## RECORDS FOR THIS EXERCISE
------------------------------

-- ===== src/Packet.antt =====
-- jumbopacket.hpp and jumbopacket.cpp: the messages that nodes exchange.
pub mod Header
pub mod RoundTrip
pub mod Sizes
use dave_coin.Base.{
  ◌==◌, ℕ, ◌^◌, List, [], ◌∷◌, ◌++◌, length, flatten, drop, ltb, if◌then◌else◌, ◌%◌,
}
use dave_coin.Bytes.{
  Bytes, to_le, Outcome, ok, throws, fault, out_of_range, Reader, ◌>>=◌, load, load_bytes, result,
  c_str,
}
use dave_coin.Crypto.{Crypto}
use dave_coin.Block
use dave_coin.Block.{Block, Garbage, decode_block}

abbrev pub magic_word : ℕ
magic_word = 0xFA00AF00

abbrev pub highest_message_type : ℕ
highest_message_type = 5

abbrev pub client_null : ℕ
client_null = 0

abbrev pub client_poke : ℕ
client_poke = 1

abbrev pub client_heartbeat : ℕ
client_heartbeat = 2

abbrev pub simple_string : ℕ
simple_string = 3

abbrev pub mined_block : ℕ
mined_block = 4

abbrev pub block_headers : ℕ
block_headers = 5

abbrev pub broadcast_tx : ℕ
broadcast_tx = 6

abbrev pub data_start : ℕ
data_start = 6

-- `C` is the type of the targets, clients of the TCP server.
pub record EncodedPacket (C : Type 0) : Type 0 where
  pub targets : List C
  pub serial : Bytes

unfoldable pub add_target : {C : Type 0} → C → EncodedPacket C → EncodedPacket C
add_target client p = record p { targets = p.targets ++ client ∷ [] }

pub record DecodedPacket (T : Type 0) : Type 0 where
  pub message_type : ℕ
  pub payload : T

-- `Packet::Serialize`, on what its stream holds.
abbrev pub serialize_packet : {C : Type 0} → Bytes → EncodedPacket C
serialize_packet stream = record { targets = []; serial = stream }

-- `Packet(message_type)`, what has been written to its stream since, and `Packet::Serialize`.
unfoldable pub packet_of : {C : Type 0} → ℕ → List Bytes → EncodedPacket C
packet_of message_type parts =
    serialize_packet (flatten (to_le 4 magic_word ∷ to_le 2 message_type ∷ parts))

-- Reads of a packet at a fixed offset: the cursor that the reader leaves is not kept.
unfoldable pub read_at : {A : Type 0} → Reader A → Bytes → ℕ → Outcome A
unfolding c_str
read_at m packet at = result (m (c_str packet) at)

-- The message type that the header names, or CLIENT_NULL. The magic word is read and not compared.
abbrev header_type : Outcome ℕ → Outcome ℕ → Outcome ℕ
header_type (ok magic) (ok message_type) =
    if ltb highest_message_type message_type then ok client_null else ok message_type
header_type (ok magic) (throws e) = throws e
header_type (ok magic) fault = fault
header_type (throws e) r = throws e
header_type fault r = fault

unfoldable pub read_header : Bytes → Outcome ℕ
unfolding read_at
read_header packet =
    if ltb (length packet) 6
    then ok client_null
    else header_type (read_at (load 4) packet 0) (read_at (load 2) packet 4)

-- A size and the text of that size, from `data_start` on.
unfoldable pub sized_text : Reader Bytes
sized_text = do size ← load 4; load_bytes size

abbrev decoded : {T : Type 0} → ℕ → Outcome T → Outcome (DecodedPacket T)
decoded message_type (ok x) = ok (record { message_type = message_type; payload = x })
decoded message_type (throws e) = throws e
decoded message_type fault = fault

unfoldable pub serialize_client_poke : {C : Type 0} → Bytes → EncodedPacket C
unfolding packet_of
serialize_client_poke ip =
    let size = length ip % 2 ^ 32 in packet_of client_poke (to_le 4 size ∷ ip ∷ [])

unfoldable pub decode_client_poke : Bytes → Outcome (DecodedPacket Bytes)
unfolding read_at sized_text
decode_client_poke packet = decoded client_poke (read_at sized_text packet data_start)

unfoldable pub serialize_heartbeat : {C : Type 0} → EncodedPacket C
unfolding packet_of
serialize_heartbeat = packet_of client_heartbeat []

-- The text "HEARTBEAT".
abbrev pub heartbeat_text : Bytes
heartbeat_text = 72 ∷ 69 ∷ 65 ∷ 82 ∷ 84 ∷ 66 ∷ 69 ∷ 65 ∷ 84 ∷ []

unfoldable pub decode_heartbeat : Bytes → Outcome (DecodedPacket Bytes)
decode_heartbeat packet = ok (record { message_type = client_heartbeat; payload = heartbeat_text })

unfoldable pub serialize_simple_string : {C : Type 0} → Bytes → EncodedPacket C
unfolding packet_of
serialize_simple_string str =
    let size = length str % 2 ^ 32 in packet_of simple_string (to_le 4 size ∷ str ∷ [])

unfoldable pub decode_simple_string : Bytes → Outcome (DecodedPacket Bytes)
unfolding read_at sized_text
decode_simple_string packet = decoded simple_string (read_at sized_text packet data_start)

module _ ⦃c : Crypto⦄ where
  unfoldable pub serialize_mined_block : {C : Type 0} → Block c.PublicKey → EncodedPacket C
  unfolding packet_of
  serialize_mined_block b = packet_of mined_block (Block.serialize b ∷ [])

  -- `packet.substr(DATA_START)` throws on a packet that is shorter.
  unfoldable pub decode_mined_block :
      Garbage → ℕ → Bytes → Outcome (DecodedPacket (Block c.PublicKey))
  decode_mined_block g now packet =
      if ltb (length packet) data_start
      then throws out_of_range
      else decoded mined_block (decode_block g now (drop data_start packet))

------------------------------

## YOUR ASSIGNMENT
Starting with the first line of the entries, transcribe every line up to and including the one with "abbrev pub client_null : ℕ".

## EXERCISE OUTPUT
-- ===== src/Packet.antt =====
-- jumbopacket.hpp and jumbopacket.cpp: the messages that nodes exchange.
pub mod Header
pub mod RoundTrip
pub mod Sizes
use dave_coin.Base.{
  ◌==◌, ℕ, ◌^◌, List, [], ◌∷◌, ◌++◌, length, flatten, drop, ltb, if◌then◌else◌, ◌%◌,
}
use dave_coin.Bytes.{
  Bytes, to_le, Outcome, ok, throws, fault, out_of_range, Reader, ◌>>=◌, load, load_bytes, result,
  c_str,
}
use dave_coin.Crypto.{Crypto}
use dave_coin.Block
use dave_coin.Block.{Block, Garbage, decode_block}

abbrev pub magic_word : ℕ
magic_word = 0xFA00AF00

abbrev pub highest_message_type : ℕ
highest_message_type = 5

abbrev pub client_null : ℕ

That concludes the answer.